I know everyone has this recipe but I didn't have time to spread spices on it and leave it in fridge for 24 hours.  I just spread spices on, like it says, covered VERY tightly with aluminum foil and put a top on it and baked it at 275° for 3 hours and it was YUMMY, YUMMY, YUMMY!!!  So, I just had to pass on how to do it at the last minute!  Here's the spices in case you don't have them.

ROAST STICKY CHICKEN

1/2 tsp. black pepper
1/2 tsp. garlic powder
1 tsp. white pepper
1 tsp. thyme
1 tsp. onion powder
1 tsp. cayenne pepper
2 tsp. paprika
2 tsp. salt

Just put in a bowl and mix up - I use my mortar and pestle, rub all over washed and dried chicken (if it's not dry the spices won't stay on that good), inside and outside.  

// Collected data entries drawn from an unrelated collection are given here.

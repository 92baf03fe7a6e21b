-- ===== src/Examples/RuleRuns.antt =====
-- Runs of the reconciler of the sync rules.
use cluster_registry_control.Clusters.Controller.{
  with_required_cluster_features, new_managed_controller,
}
use cluster_registry_control.Clusters.Cluster.{check_required_cluster_features}
use cluster_registry_control.Api.Rules.{ResourceSyncRuleSpec}
use mathlib.Core.Path.{subst}
use cluster_registry_control.Common.{
  some_eq, ◌<◌, sym, ap, ◌∙◌, inr, eq_iff, Bool-cases, arith, String, ◌≡◌, refl, inl, true, false,
  ◌==◌, some, none, [], ◌∷◌, get,
}
use cluster_registry_control.Controllers.RuleReconciler.{
  requirements, rule_controller, ResourceSyncRule, World, RuleEnv, cluster_at, add_rule_controller,
  sync_cluster_controller, sync_clusters_with, init_new_resource_sync_controller,
  remove_from_clusters, rule_found, reconcile_rule,
}
use cluster_registry_control.Controllers.RuleReconciler.Coverage.{
  AreKnown, Runs, reconcile_rule-covers,
}
use cluster_registry_control.Controllers.RuleReconciler.Removal.{
  Lacks, reconcile_rule-removes, changed_rule_panics,
}
use cluster_registry_control.Examples.Samples.{busy, sink, equality_selectors}

-- The cluster 0 is registered as "c1", and runs the controller "sink".
abbrev one_busy : World
one_busy = record {
  manager = record {
    clusters = ("c1", 0) ∷ [];
    on_before_add_funcs = [];
    on_before_delete_funcs = [];
    on_after_add_funcs = [];
    on_after_delete_funcs = [];
    heap = λ h. busy;
    calls = [];
  };
  rule_of = λ h. none;
  next = 5;
}

abbrev rule_named : String → ResourceSyncRule
rule_named name = record {
  name = name;
  uid = "r";
  spec = record {
    cluster_feature_matches = [];
    gvk = record { group = ""; version = "v1"; kind = "Secret" };
    rules = [];
  };
}

-- Specs are compared by their kinds, and no context is left over.
abbrev same_kind : RuleEnv
same_kind = record {
  selectors = equality_selectors;
  deep_equal = λ a b. a.gvk.kind == b.gvk.kind;
  makes_rate_limiter = true;
  cleans_up_first = λ h. false;
  lingers = λ h. false;
}

one_busy-AreKnown : AreKnown one_busy
unfolding get
one_busy-AreKnown h j x e = elim (Bool-cases ("sink" == j)) [
  | inl t ↦
      let same : sink ≡ x = some_eq (rw t at e) in
      (
        subst (λ k. k.handle < 5) same (omega arith),
        ap (λ k. k.name) (sym same) ∙ (eq_iff "sink" j).0 t,
      )
  | inr f ↦ (let no : none ≡ some x = rw f at e in absurd (ground arith))
]

abbrev with_secrets : World
with_secrets = add_rule_controller equality_selectors (rule_named "secrets") 0 one_busy

reconcile_rule-covers_example : Runs same_kind (rule_named "secrets") 0 with_secrets
unfolding reconcile_rule sync_clusters_with sync_cluster_controller
    init_new_resource_sync_controller get
reconcile_rule-covers_example =
    reconcile_rule-covers same_kind (rule_named "secrets") "secrets" one_busy with_secrets refl refl
      one_busy-AreKnown refl "c1" 0 (inl refl)

reconcile_rule-removes_example :
    Lacks "sink" (cluster_at 0 (remove_from_clusters "sink" one_busy.manager.clusters one_busy))
unfolding reconcile_rule
reconcile_rule-removes_example =
    reconcile_rule-removes same_kind "sink" one_busy
      (remove_from_clusters "sink" one_busy.manager.clusters one_busy) refl "c1" 0 (inl refl)

abbrev one_idle : World
one_idle = record one_busy {
  manager = record one_busy.manager { heap = λ h. record busy { mgr = false; controllers = [] } };
}

abbrev config_maps : ResourceSyncRuleSpec
config_maps = record (rule_named "secrets").spec {
  gvk = record (rule_named "secrets").spec.gvk { kind = "ConfigMap" };
}

changed_rule_panics_example :
    let w' = add_rule_controller equality_selectors (rule_named "secrets") 0 one_idle in
    ((reconcile_rule same_kind "secrets" (rule_found (rule_named "secrets")) one_idle).0 ≡ some w')
    × ((reconcile_rule same_kind "secrets"
          (rule_found (record (rule_named "secrets") { spec = config_maps }))
          w').0
        ≡ none)
unfolding get rule_controller check_required_cluster_features requirements new_managed_controller
    with_required_cluster_features
changed_rule_panics_example =
    changed_rule_panics same_kind (rule_named "secrets") config_maps "c1" "secrets" 0 one_idle refl
      refl refl refl refl refl refl refl
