-- ===== src/Examples/Rules.antt =====
-- Sync rules.
use cluster_registry_control.Common.{
  ◌≡◌, refl, true, false, not, none, [], ◌∷◌, keep, is_empty, if◌then◌else◌,
}
use cluster_registry_control.Examples.Samples.{
  simple, secret, secret_kind, secrets_rule, secrets_spec, read_type,
}
use cluster_registry_control.Api.Rules.{
  gvk_eq, match_spec, match_rules, match_rule, match_first, match_object,
}
use cluster_registry_control.Api.Rules.Matching.{rule_fits, match_spec-eq-keep}

match_spec-eq-keep_example : match_spec simple secrets_spec secret ≡ (
    let rules =
      if gvk_eq secret_kind secret_kind
      then keep (rule_fits simple secret (read_type secret)) (secrets_rule ∷ [])
      else [] in
    (not (is_empty rules), rules, none))
match_spec-eq-keep_example =
    match_spec-eq-keep simple secrets_spec secret (read_type secret) refl refl refl

match_test :
    (match_spec simple secrets_spec secret ≡ (true, secrets_rule ∷ [], none))
    × (match_spec simple secrets_spec (record secret { namespace = "other" }) ≡ (false, [], none))
unfolding match_spec match_rules match_rule match_first match_object
match_test = (refl, refl)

The recipe calls to rub spices all over, place in plastic wrap or plastic bag, and leave in fridge for 24 hours.  

Usually I'll roast at 250° for 5 hours (that is the recommended time), uncovered, and it's really, really, good.  Just an old-fashioned kind of flavor - and sticky from the spices!!! LOL


----------